PROVIDED RECORDS:
-- -- --

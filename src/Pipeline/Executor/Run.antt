-- ===== src/Pipeline/Executor/Run.antt =====
-- `PipelineExecutor::run` of src/pipeline/pipeline_executor.cpp, whose threads take their steps in a
-- given order. Each of the pool and the queues reports to a gauge if the executor has metrics.
use io_uring_async_load_proc.Prelude.{
  ℕ, ◌≤◌, ◌<◌, ◌≡◌, subst, Bool, Option, none, some, List, [], arith,
}
use io_uring_async_load_proc.Exception.{Result, ok, throw, ◌>>=◌, >>=-eq-ok}
use io_uring_async_load_proc.Config.{PipelineConfig, validate}
use io_uring_async_load_proc.Pipeline.Output.{PipelineRunResult}
use io_uring_async_load_proc.Pipeline.Executor.{admit}
use io_uring_async_load_proc.Pipeline.SpscQueue.{SpscQueue, new_queue, new_observed_queue}
use io_uring_async_load_proc.Pipeline.Channel.{Status}
use io_uring_async_load_proc.Pipeline.Executor.Workers.State.{
  Item, Environment, Thread, RunCounters, System,
}
use io_uring_async_load_proc.Pipeline.Executor.Workers.Loops.{run_workers, start_workers}
use io_uring_async_load_proc.Pipeline.Executor.Workers.Queues.{spsc_calls, join_workers}
use io_uring_async_load_proc.Metrics.Gauge.{Gauge, value_max}
use io_uring_async_load_proc.Buffer.Aligned.{Allocation}
use io_uring_async_load_proc.Buffer.Pool.{AlignedBufferPool, new_pool, new_observed_pool}
use io_uring_async_load_proc.Pipeline.SpscQueue.Runs.{
  new_observed_queue-Represents, new_queue-Represents,
}
use io_uring_async_load_proc.Pipeline.Executor.Workers.Termination.{Started, new_channel}
use io_uring_async_load_proc.Pipeline.SpscQueue.View.{Represents}

module _ {A : Type 0} where
  unfoldable pub make_queue : ℕ → Option Gauge → Result (SpscQueue A)
  make_queue queue_depth none = new_queue queue_depth
  make_queue queue_depth (some depth) = new_observed_queue queue_depth depth

-- What a run starts with: the pool, and the two queues.
unfoldable pub make_pool :
    (ℕ → Allocation) → PipelineConfig → Option Gauge → Result AlignedBufferPool
make_pool memory c none = new_pool memory c
make_pool memory c (some inflight) = new_observed_pool memory c inflight

pub record RunGauges : Type 0 where
  pub inflight_buffers : Option Gauge
  pub read_process_queue_depth : Option Gauge
  pub process_write_queue_depth : Option Gauge

unfoldable pub make_queues :
    (ℕ → Allocation) → PipelineConfig → RunGauges → Result (SpscQueue Item × SpscQueue Item)
unfolding make_pool make_queue
make_queues memory c gauges = do
  pool ← make_pool memory c gauges.inflight_buffers
  read_to_process ← make_queue c.queue_depth gauges.read_process_queue_depth
  process_to_write ← make_queue c.queue_depth gauges.process_write_queue_depth
  ok (read_to_process, process_to_write)

module _ (c : PipelineConfig) (e : Environment) where
  abbrev pub Ending : Type 0
  Ending = Option (Result PipelineRunResult × e.Stages × e.File)

  unfoldable pub ending : Option (System (SpscQueue Item) e.Stages e.File) → Ending
  unfolding join_workers
  ending none = none
  ending (some s) = elim (join_workers s) [
    | none ↦ none
    | some result ↦ some (result, s.stages, s.output)
  ]

  unfoldable pub run_with :
      List Thread
      → Option RunCounters
      → e.Stages
      → e.File
      → Result (SpscQueue Item × SpscQueue Item)
      → Ending
  unfolding ending run_workers start_workers
  run_with ts counters stages output (throw x) = some (throw x, stages, output)
  run_with ts counters stages output (ok (q, q')) =
      ending
        (run_workers spsc_calls c e ts (start_workers spsc_calls c e q q' stages output counters))

  -- A negative descriptor is `none`. `stage_count` is that of the stages.
  unfoldable pub run :
      (ℕ → Allocation)
      → RunGauges
      → Option RunCounters
      → List Thread
      → Option ℕ
      → Option ℕ
      → ℕ
      → Bool
      → e.Stages
      → e.File
      → Ending
  unfolding run_with make_queues admit
  run memory gauges counters ts input_fd output_fd stage_count started stages output =
      elim (admit input_fd output_fd stage_count started) [
        | throw x ↦ some (throw x, stages, output)
        | ok _ ↦ run_with ts counters stages output (make_queues memory c gauges)
      ]

make_queue-Represents :
    (capacity : ℕ) (depth : Option Gauge) (q : SpscQueue Item)
    → capacity ≤ value_max
    → make_queue capacity depth ≡ ok q
    → Represents q (record { items = []; status = Status.opened; limit = capacity })
unfolding make_queue
make_queue-Represents capacity none q small h = new_queue-Represents capacity small h
make_queue-Represents capacity (some depth) q small h =
    new_observed_queue-Represents capacity depth small h

new_pool-validates :
    (memory : ℕ → Allocation) (c : PipelineConfig) (p : AlignedBufferPool)
    → new_pool memory c ≡ ok p
    → validate c ≡ ok tt
unfolding new_pool
new_pool-validates memory c p h = (>>=-eq-ok (validate c) _ h).1

make_pool-validates :
    (memory : ℕ → Allocation) (c : PipelineConfig) (gauge : Option Gauge) (p : AlignedBufferPool)
    → make_pool memory c gauge ≡ ok p
    → validate c ≡ ok tt
unfolding make_pool new_observed_pool
make_pool-validates memory c none p h = new_pool-validates memory c p h
make_pool-validates memory c (some g) p h =
    let (p', made, _) = >>=-eq-ok (new_pool memory c) _ h in new_pool-validates memory c p' made

validate-some :
    (c : PipelineConfig) → validate c ≡ ok tt → (0 < c.max_inflight_buffers) × (0 < c.queue_depth)
unfolding validate
validate-some c h = ground arith

-- Queues that could be made are fresh, and there is a buffer.
pub make_queues-Started :
    (memory : ℕ → Allocation) (c : PipelineConfig) (gauges : RunGauges) (q q' : SpscQueue Item)
    → c.queue_depth ≤ value_max
    → make_queues memory c gauges ≡ ok (q, q')
    → Started c q q'
unfolding make_queues
make_queues-Started memory c gauges q q' small h =
    let (pool, made, h₁) = >>=-eq-ok (make_pool memory c gauges.inflight_buffers) _ h in
    let (q₁, made₁, h₂) =
      >>=-eq-ok (make_queue c.queue_depth gauges.read_process_queue_depth) _ h₁ in
    let (q₂, made₂, h₃) =
      >>=-eq-ok (make_queue c.queue_depth gauges.process_write_queue_depth) _ h₂ in
    let first : q₁ ≡ q = cc in
    let second : q₂ ≡ q' = cc in
    let (buffers, depth) =
      validate-some c (make_pool-validates memory c gauges.inflight_buffers pool made) in
    record {
      some_buffers = buffers;
      some_depth = depth;
      read_queue =
          subst (λ t. Represents t (new_channel c)) first
            (make_queue-Represents c.queue_depth gauges.read_process_queue_depth q₁ small made₁);
      write_queue =
          subst (λ t. Represents t (new_channel c)) second
            (make_queue-Represents c.queue_depth gauges.process_write_queue_depth q₂ small made₂);
    }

-- -- --

YOUR TASK: Restate each of the entries above verbatim.

RESULT OF THE TASK:
filename src/Pipeline/Executor/Run.antt
-- ===== src/Pipeline/Executor/Run.antt =====
-- `PipelineExecutor::run` of src/pipeline/pipeline_executor.cpp, whose threads take their steps in a
-- given order. Each of the pool and the queues reports to a gauge if the executor has metrics.
use io_uring_async_load_proc.Prelude.{
  ℕ, ◌≤◌, ◌<◌, ◌≡◌, subst, Bool, Option, none, some, List, [], arith,
}
use io_uring_async_load_proc.Exception.{Result, ok, throw, ◌>>=◌, >>=-eq-ok}
use io_uring_async_load_proc.Config.{PipelineConfig, validate}
use io_uring_async_load_proc.Pipeline.Output.{PipelineRunResult}
use io_uring_async_load_proc.Pipeline.Executor.{admit}
use io_uring_async_load_proc.Pipeline.SpscQueue.{SpscQueue, new_queue, new_observed_queue}
use io_uring_async_load_proc.Pipeline.Channel.{Status}
use io_uring_async_load_proc.Pipeline.Executor.Workers.State.{
  Item, Environment, Thread, RunCounters, System,
}
use io_uring_async_load_proc.Pipeline.Executor.Workers.Loops.{run_workers, start_workers}
use io_uring_async_load_proc.Pipeline.Executor.Workers.Queues.{spsc_calls, join_workers}
use io_uring_async_load_proc.Metrics.Gauge.{Gauge, value_max}
use io_uring_async_load_proc.Buffer.Aligned.{Allocation}
use io_uring_async_load_proc.Buffer.Pool.{AlignedBufferPool, new_pool, new_observed_pool}
use io_uring_async_load_proc.Pipeline.SpscQueue.Runs.{
  new_observed_queue-Represents, new_queue-Represents,
}
use io_uring_async_load_proc.Pipeline.Executor.Workers.Termination.{Started, new_channel}
use io_uring_async_load_proc.Pipeline.SpscQueue.View.{Represents}

module _ {A : Type 0} where
  unfoldable pub make_queue : ℕ → Option Gauge → Result (SpscQueue A)
  make_queue queue_depth none = new_queue queue_depth
  make_queue queue_depth (some depth) = new_observed_queue queue_depth depth

-- What a run starts with: the pool, and the two queues.
unfoldable pub make_pool :
    (ℕ → Allocation) → PipelineConfig → Option Gauge → Result AlignedBufferPool
make_pool memory c none = new_pool memory c
make_pool memory c (some inflight) = new_observed_pool memory c inflight

pub record RunGauges : Type 0 where
  pub inflight_buffers : Option Gauge
  pub read_process_queue_depth : Option Gauge
  pub process_write_queue_depth : Option Gauge

unfoldable pub make_queues :
    (ℕ → Allocation) → PipelineConfig → RunGauges → Result (SpscQueue Item × SpscQueue Item)
unfolding make_pool make_queue
make_queues memory c gauges = do
  pool ← make_pool memory c gauges.inflight_buffers
  read_to_process ← make_queue c.queue_depth gauges.read_process_queue_depth
  process_to_write ← make_queue c.queue_depth gauges.process_write_queue_depth
  ok (read_to_process, process_to_write)

module _ (c : PipelineConfig) (e : Environment) where
  abbrev pub Ending : Type 0
  Ending = Option (Result PipelineRunResult × e.Stages × e.File)

  unfoldable pub ending : Option (System (SpscQueue Item) e.Stages e.File) → Ending
  unfolding join_workers
  ending none = none
  ending (some s) = elim (join_workers s) [
    | none ↦ none
    | some result ↦ some (result, s.stages, s.output)
  ]

  unfoldable pub run_with :
      List Thread
      → Option RunCounters
      → e.Stages
      → e.File
      → Result (SpscQueue Item × SpscQueue Item)
      → Ending
  unfolding ending run_workers start_workers
  run_with ts counters stages output (throw x) = some (throw x, stages, output)
  run_with ts counters stages output (ok (q, q')) =
      ending
        (run_workers spsc_calls c e ts (start_workers spsc_calls c e q q' stages output counters))

  -- A negative descriptor is `none`. `stage_count` is that of the stages.
  unfoldable pub run :
      (ℕ → Allocation)
      → RunGauges
      → Option RunCounters
      → List Thread
      → Option ℕ
      → Option ℕ
      → ℕ
      → Bool
      → e.Stages
      → e.File
      → Ending
  unfolding run_with make_queues admit
  run memory gauges counters ts input_fd output_fd stage_count started stages output =
      elim (admit input_fd output_fd stage_count started) [
        | throw x ↦ some (throw x, stages, output)
        | ok _ ↦ run_with ts counters stages output (make_queues memory c gauges)
      ]

make_queue-Represents :
    (capacity : ℕ) (depth : Option Gauge) (q : SpscQueue Item)
    → capacity ≤ value_max
    → make_queue capacity depth ≡ ok q
    → Represents q (record { items = []; status = Status.opened; limit = capacity })
unfolding make_queue
make_queue-Represents capacity none q small h = new_queue-Represents capacity small h
make_queue-Represents capacity (some depth) q small h =
    new_observed_queue-Represents capacity depth small h

new_pool-validates :
    (memory : ℕ → Allocation) (c : PipelineConfig) (p : AlignedBufferPool)
    → new_pool memory c ≡ ok p
    → validate c ≡ ok tt
unfolding new_pool
new_pool-validates memory c p h = (>>=-eq-ok (validate c) _ h).1

make_pool-validates :
    (memory : ℕ → Allocation) (c : PipelineConfig) (gauge : Option Gauge) (p : AlignedBufferPool)
    → make_pool memory c gauge ≡ ok p
    → validate c ≡ ok tt
unfolding make_pool new_observed_pool
make_pool-validates memory c none p h = new_pool-validates memory c p h
make_pool-validates memory c (some g) p h =
    let (p', made, _) = >>=-eq-ok (new_pool memory c) _ h in new_pool-validates memory c p' made

validate-some :
    (c : PipelineConfig) → validate c ≡ ok tt → (0 < c.max_inflight_buffers) × (0 < c.queue_depth)
unfolding validate
validate-some c h = ground arith

-- Queues that could be made are fresh, and there is a buffer.
pub make_queues-Started :
    (memory : ℕ → Allocation) (c : PipelineConfig) (gauges : RunGauges) (q q' : SpscQueue Item)
    → c.queue_depth ≤ value_max
    → make_queues memory c gauges ≡ ok (q, q')
    → Started c q q'
unfolding make_queues
make_queues-Started memory c gauges q q' small h =
    let (pool, made, h₁) = >>=-eq-ok (make_pool memory c gauges.inflight_buffers) _ h in
    let (q₁, made₁, h₂) =
      >>=-eq-ok (make_queue c.queue_depth gauges.read_process_queue_depth) _ h₁ in
    let (q₂, made₂, h₃) =
      >>=-eq-ok (make_queue c.queue_depth gauges.process_write_queue_depth) _ h₂ in
    let first : q₁ ≡ q = cc in
    let second : q₂ ≡ q' = cc in
    let (buffers, depth) =
      validate-some c (make_pool-validates memory c gauges.inflight_buffers pool made) in
    record {
      some_buffers = buffers;
      some_depth = depth;
      read_queue =
          subst (λ t. Represents t (new_channel c)) first
            (make_queue-Represents c.queue_depth gauges.read_process_queue_depth q₁ small made₁);
      write_queue =
          subst (λ t. Represents t (new_channel c)) second
            (make_queue-Represents c.queue_depth gauges.process_write_queue_depth q₂ small made₂);
    }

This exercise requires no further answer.